Der Richter bohrt weiter. Er will die Frage klären, ob nicht doch ein Treuhandverhältnis zwischen der LBBW und den Zweckgesellschaften bestand und diese somit in der Bilanz hätten auftauchen müssen. Schnelle insistiert: „Wo ist der schriftliche Auftrag der Bank an die Kanzlei für die Errichtung von Zweckgesellschaften?“ Von der LBBW habe das Gericht die Auskunft bekommen, dass der Vertrag nicht gefunden werden konnte. Angesichts des Finanzierungsvolumens in Milliardenhöhe, das über diese Zweckgesellschaften abgewickelt wurde, mag der Richter das nicht glauben. Schnelle will wissen, wie die Direktoren der Zweckgesellschaften hießen, die auf Empfehlung der LBBW die ABS-Papiere, also die durch Vermögensgegenstände abgesicherten Wertpapiere kauften. „Welche Ausbildung haben sie, was ist ihr beruflicher Hintergrund, was bekommen die Direktoren für ihre Arbeit?“, legt er nach. Jaschinski irritieren diese Fragen sichtlich. Antworten, die den Richter zufriedenstellen, hat er nicht parat.

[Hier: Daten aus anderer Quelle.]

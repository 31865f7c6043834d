-- ===== src/Db/Sql/Unique.antt =====
-- In a table with a primary key: a row that passes a test shares its key with no row that does not,
-- and one row at most has a key.
use gha_cache_server.Base.{
  ◌≡◌, refl, sym, ◌∙◌, ◌≤◌, ◌+◌, length, inl, inr, ◌↔◌, Bool, true, false, not, ◌&&◌, List, [], ◌∷◌,
  All, All-mono, if◌then◌else◌, Bool-cases, arith,
}
use mathlib.Core.Path.{subst}
use gha_cache_server.Db.Sql.{select, delete, exists}
use gha_cache_server.Db.Sql.Laws.{IsUnique, eq_comm}
use gha_cache_server.Db.Sql.Find.{All-both, exists-none, delete_none}

module _ {R : Type 0} where
  All-select-All :
      (P : R → Type 0) (p : R → Bool) (rows : List R) → All P rows → All P (select p rows)
  unfolding select
  All-select-All P p [] h = tt
  All-select-All P p (r ∷ rows) h = elim (Bool-cases (p r)) [
    | inl hit ↦ rw hit (h.0, All-select-All P p rows h.1)
    | inr miss ↦ rw miss (All-select-All P p rows h.1)
  ]

  -- What the rows that pass have, a row has if it passes.
  pub All-select-if :
      (P : R → Type 0) (p : R → Bool) (rows : List R)
      → All P (select p rows)
      → All (λ r. p r ≡ true → P r) rows
  unfolding select
  All-select-if P p [] h = tt
  All-select-if P p (r ∷ rows) h = go (p r) refl (All-select-if P p rows) h
    where
      go :
          (b : Bool)
          → p r ≡ b
          → (All P (select p rows) → All (λ r. p r ≡ true → P r) rows)
          → All P (if b then r ∷ select p rows else select p rows)
          → All (λ r. p r ≡ true → P r) (r ∷ rows)
      go true e rest h = (λ hit. h.0, rest h.1)
      go false e rest h = (λ hit. absurd (cc (sym hit ∙ e)), rest h)

  exists-and :
      (p q : R → Bool) (rows : List R)
      → exists p rows ≡ false
      → exists (λ r. p r && q r) rows ≡ false
  unfolding exists
  exists-and p q [] h = refl
  exists-and p q (r ∷ rows) h = ground (arith, exists-and p q rows)

module _ {R K : Type 0} (key : R → K) (eq : K → K → Bool)
    (eq_iff : (a b : K) → (eq a b ≡ true) ↔ (a ≡ b)) where
  pub All-select_unique :
      (p : R → Bool) (rows : List R)
      → IsUnique key eq eq_iff rows
      → All (λ u. exists (λ x. eq (key x) (key u) && not (p x)) rows ≡ false) (select p rows)
  unfolding select exists
  All-select_unique p [] u = tt
  All-select_unique p (r ∷ rows) u = elim (Bool-cases (p r)) [
    | inl hit ↦ rw hit (
      ground (arith, exists-and (λ x. eq (key x) (key r)) (λ x. not (p x)) rows u.0),
      All-mono _ _ (select p rows) (λ x h. ground arith) (All-select_unique p rows u.1),
    )
    | inr miss ↦ rw miss (
        All-mono _ _ (select p rows)
          (λ x h. ground (arith, eq_comm key eq eq_iff (key x) (key r) h.1))
          (All-both _ _ (select p rows) (All-select_unique p rows u.1)
            (All-select-All _ p rows (exists-none (λ x. eq (key x) (key r)) rows u.0))))
  ]

-- By a key, at most one row is deleted.
pub length-delete_unique :
    {R K : Type 0} (key : R → K) (eq : K → K → Bool)
    (eq_iff : (a b : K) → (eq a b ≡ true) ↔ (a ≡ b)) (k : K) (rows : List R)
    → IsUnique key eq eq_iff rows
    → length rows ≤ length (delete (λ r. eq (key r) k) rows) + 1
unfolding delete
length-delete_unique key eq eq_iff k [] u = omega arith
length-delete_unique key eq eq_iff k (r ∷ rows) u = elim (Bool-cases (eq (key r) k)) [
  | inl hit ↦
      let alone : exists (λ x. eq (key x) k) rows ≡ false =
        subst (λ j. exists (λ x. eq (key x) j) rows ≡ false) ((eq_iff (key r) k).0 hit) u.0 in
      rw (hit, delete_none (λ x. eq (key x) k) rows alone) (omega arith)
  | inr miss ↦ rw miss (omega (arith, length-delete_unique key eq eq_iff k rows u.1))
]
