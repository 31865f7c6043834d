-- ===== src/Ids.antt =====
-- internal/ids/ids.go: the id of an upload. The random number is an argument.
use gha_cache_server.Base.{ℕ, ◌+◌}
use gha_cache_server.Base.Int.{ℤ, pos}

-- `min` of `NumericID`. The number that `rand.Int` draws is below `span`, 9000000000.
abbrev least : ℕ
least = 1000000000

-- `NumericID`, with the number that `rand.Int` draws.
abbrev pub numeric_id : ℕ → ℤ
numeric_id n = pos (least + n)
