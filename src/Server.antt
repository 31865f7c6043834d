-- ===== src/Server.antt =====
-- internal/server: the HTTP handlers. Each runs on the world of the service and answers with a
-- status and a body; what `net/http` and `encoding/json` make of it on the wire is not modelled.
pub mod Http
pub mod Twirp
pub mod BlockId
pub mod Files
pub mod Management
mod Tests
pub mod Bearer
pub mod Restoring
pub mod Access
pub mod Publishing
pub mod Integrity
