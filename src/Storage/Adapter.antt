-- ===== src/Storage/Adapter.antt =====
-- internal/storage/adapter.go: the interface of a storage adapter over a store of its own.
use gha_cache_server.Base.{ℕ, Option, Bytes}
use gha_cache_server.Base.Int.{ℤ}
use gha_cache_server.Action.{Error, Action}

-- An `io.Reader` by what it yields: the bytes, and the error in place of the end, if it has one.
pub record Stream : Type 0 where
  pub content : Bytes
  pub broken : Option Error

-- The optional interfaces `SeekableAdapter` and `DiskUsageReporter` are the two last fields.
pub record Adapter (S : Type 0) : Type 0 where
  pub create_download_stream : Bytes → Action S Stream
  pub upload_stream : Bytes → Stream → Action S (Unit {0})
  pub delete_folder : Bytes → Action S (Unit {0})
  pub count_files_in_folder : Bytes → Action S ℕ
  pub create_download_url : Bytes → Action S (Option Bytes)
  pub clear : Action S (Unit {0})
  pub open_seekable : Option (Bytes → Action S (Stream × ℕ))
  pub usable_free_bytes : Option (Action S ℤ)
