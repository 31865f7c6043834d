-- ===== src/Storage/World.antt =====
-- The state that a `Service` of internal/storage/service.go works on.
use gha_cache_server.Base.{ℕ, Bool, List, [], ◌∷◌, ◌++◌, Bytes, codes}
use gha_cache_server.Base.Int.{ℤ}
use gha_cache_server.Base.Decimal.{format_int}
use gha_cache_server.Action.{Action, gets, modify, zoom}
use gha_cache_server.Db.Models.{StorageLocation}
use gha_cache_server.Db.State.{Db}
use gha_cache_server.Storage.Adapter.{Stream}

pub record ServiceConfig : Type 0 where
  pub api_base_url : Bytes
  pub enable_direct_downloads : Bool

-- A goroutine that a call has started and that has still to run.
pub data Job : Type 0 where
  -- `UpdateStorageLastDownloaded`
  touch : Bytes → Job
  -- the merge of the streamed parts of a location
  merge : StorageLocation → Stream → Job

pub record World (S : Type 0) : Type 0 where
  pub db : Db
  pub store : S
  -- `time.Now().UnixMilli()`
  pub clock : ℕ
  -- the keys of the map `merges`
  pub merges : List Bytes
  pub jobs : List Job

module _ {S A : Type 0} where
  unfoldable pub query : Action Db A → Action (World S) A
  unfolding zoom
  query m = zoom (λ w. w.db) (λ d w. record w { db = d }) m

  unfoldable pub storing : Action S A → Action (World S) A
  unfolding zoom
  storing m = zoom (λ w. w.store) (λ s w. record w { store = s }) m

module _ {S : Type 0} where
  unfoldable pub now : Action (World S) ℕ
  unfolding gets
  now = gets λ w. w.clock

  -- `go func() { … }()`
  unfoldable pub spawn : Job → Action (World S) (Unit {0})
  unfolding modify
  spawn job = modify λ w. record w { jobs = w.jobs ++ job ∷ [] }

-- The names of the objects in the folder of an upload.
abbrev pub parts_folder : Bytes → Bytes
parts_folder folder = folder ++ codes "/parts"

abbrev pub part_name : Bytes → ℤ → Bytes
part_name folder index = folder ++ codes "/parts/" ++ format_int index

abbrev pub merged_name : Bytes → Bytes
merged_name folder = folder ++ codes "/merged"
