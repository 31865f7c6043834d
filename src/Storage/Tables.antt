-- ===== src/Storage/Tables.antt =====
-- A property of the tables, whatever it is, across the steps of the service.
use mathlib.Core.Path.{subst}
use gha_cache_server.Base.{◌≡◌, All, Bool, true, false, Option, none, some, List, [], ◌∷◌}
use gha_cache_server.Action.{ok, Action, gets}
use gha_cache_server.Action.Keeps.{Keeps}
use gha_cache_server.Action.Ensures.{Ensures}
use gha_cache_server.Db.State.{Db, run_statement, statement}
use gha_cache_server.Storage.World.{Job, World, query, storing, now, spawn}

-- A property that has nothing to do with the faults to come.
abbrev pub IgnoresFaults : (Db → Type 0) → Type 0
IgnoresFaults P = (d : Db) (fs : List Bool) → P d → P (record d { faults = fs })

module _ {S : Type 0} (P : Db → Type 0) (stable : IgnoresFaults P) where
  pub Tables-statement :
      {A : Type 0} (m : Action Db A)
      → ((d : Db) → P d → P (m d).1)
      → Keeps {S = World S} (λ w. P w.db) (query (statement m))
  unfolding query statement
  Tables-statement m step = record { from = λ w h. go w.db w.db.faults h }
    where
      go : (d : Db) (fs : List Bool) → P d → P (run_statement fs m d).1
      go d [] h = step d h
      go d (true ∷ fs) h = stable d fs h
      go d (false ∷ fs) h = step (record d { faults = fs }) (stable d fs h)

  pub Tables-gets :
      {A : Type 0} (f : Db → A) → Keeps {S = World S} (λ w. P w.db) (query (statement (gets f)))
  unfolding gets
  Tables-gets f = Tables-statement (gets f) (λ d h. h)

  pub Tables-storing : {A : Type 0} (m : Action S A) → Keeps (λ w. P w.db) (storing m)
  unfolding storing
  Tables-storing m = record { from = λ w h. h }

  pub Tables-now : Keeps {S = World S} (λ w. P w.db) now
  unfolding now
  Tables-now = record { from = λ w h. h }

  pub Tables-spawn : (job : Job) → Keeps {S = World S} (λ w. P w.db) (spawn job)
  unfolding spawn
  Tables-spawn job = record { from = λ w h. h }

-- A statement from tables with one property leaves tables with another one, also where it fails.
pub Tables-becomes :
    {S A : Type 0} (P Q : Db → Type 0) (m : Action Db A)
    → IgnoresFaults P
    → ((d : Db) → P d → Q d)
    → ((d : Db) → P d → Q (m d).1)
    → (w : World S) → P w.db
    → Q (query (statement m) w).1.db
unfolding query statement
Tables-becomes P Q m stable failed step w h = go w.db w.db.faults h
  where
    go : (d : Db) (fs : List Bool) → P d → Q (run_statement fs m d).1
    go d [] h = step d h
    go d (true ∷ fs) h = failed (record d { faults = fs }) (stable d fs h)
    go d (false ∷ fs) h = step (record d { faults = fs }) (stable d fs h)

-- A listing gives rows of the tables that it leaves.
pub Tables-listed :
    {S R : Type 0} (P : Db → Type 0)
    → IgnoresFaults P
    → (list : Db → List R) (G : R → Db → Type 0) → ((d : Db) → P d → All (λ r. G r d) (list d))
    → (w : World S) (rs : List R) → P w.db
    → (query (statement (gets list)) w).0 ≡ ok rs
    → All (λ r. G r (query {S = S} (statement (gets list)) w).1.db) rs
unfolding query statement gets
Tables-listed {R = R} P stable list G all w rs p e = go w.db w.db.faults p e
  where
    go :
        (d : Db) (fs : List Bool)
        → P d
        → (run_statement fs (gets list) d).0 ≡ ok rs
        → All (λ r. G r (run_statement fs (gets list) d).1) rs
    go d [] p e = subst (All (λ r. G r d)) (cc e) (all d p)
    go d (true ∷ fs) p e = absurd (cc e)
    go d (false ∷ fs) p e =
        subst (All (λ r. G r (record d { faults = fs }))) (cc e)
          (all (record d { faults = fs }) (stable d fs p))

abbrev pub OfSome : {A : Type 0} → (A → Type 0) → Option A → Type 0
OfSome P none = Unit
OfSome P (some a) = P a

-- A statement, by its effect on the tables; what is said of them has nothing to do with the faults.
pub Ensures-statement :
    {S A : Type 0} (P : Db → Type 0) (m : Action Db A) (Q : A → Db → Type 0)
    → ((d : Db) (fs : List Bool) → P d → P (record d { faults = fs }))
    → ((d : Db) (a : A) → P d → (m d).0 ≡ ok a → Q a (m d).1)
    → Ensures {S = World S} (λ w. P w.db) (query (statement m)) (λ a w. Q a w.db)
unfolding query statement
Ensures-statement {S} {A} P m Q stable step = record { from = λ w a p h. go w a w.db.faults p h }
  where
    go :
        (w : World S) (a : A) (fs : List Bool)
        → P w.db
        → (run_statement fs m w.db).0 ≡ ok a
        → Q a (run_statement fs m w.db).1
    go w a [] p h = step w.db a p h
    go w a (true ∷ fs) p h = absurd (cc h)
    go w a (false ∷ fs) p h = step (record w.db { faults = fs }) a (stable w.db fs p) h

Vor der Befragung des früheren LBBW-Chefs hat sein früherer Kollege Bernhard Walter zu den Risiken in den Zweckgesellschaften ausgesagt. Der frühere Kredit-Vorstand betont, dass die LBBW zwar strategisch auf die Finanzierungsgeschäfte über Zweckgesellschaften setzte, aber nur „in sehr moderatem Umfang“. Fast acht Milliarden Volumen sei eine „gewaltige Zahl“, so Walter, es entsprach aber nur 1,5 Prozent der Bilanzsumme der Bank. Bei der IKB und der Sachsen LB war das seinerzeit anders. Dort machten diese Wertpapiere 47 bzw. 45 Prozent der Bilanzsumme aus, so Walter. In den Jahren 2005 und 2006 sei das Ausfallrisiko der Papiere bei der LBBW gering gewesen, „jedes Portfolio von Mittelstandskrediten ist deutlich risikoreicher“. Erste Wertberichtigungen aus diesen Papieren habe die LBBW Ende 2007 gebildet – damals war die Finanzmarktkrise bereits in Gang. Auslöser waren sogenannte Subprime-Kredite, also schlechteste Kredite, die in einem Wertpapier gebündelt wurden. In solche Papiere hatte die LBBW weder direkt noch über die Zweckgesellschaften investiert, betont Walter.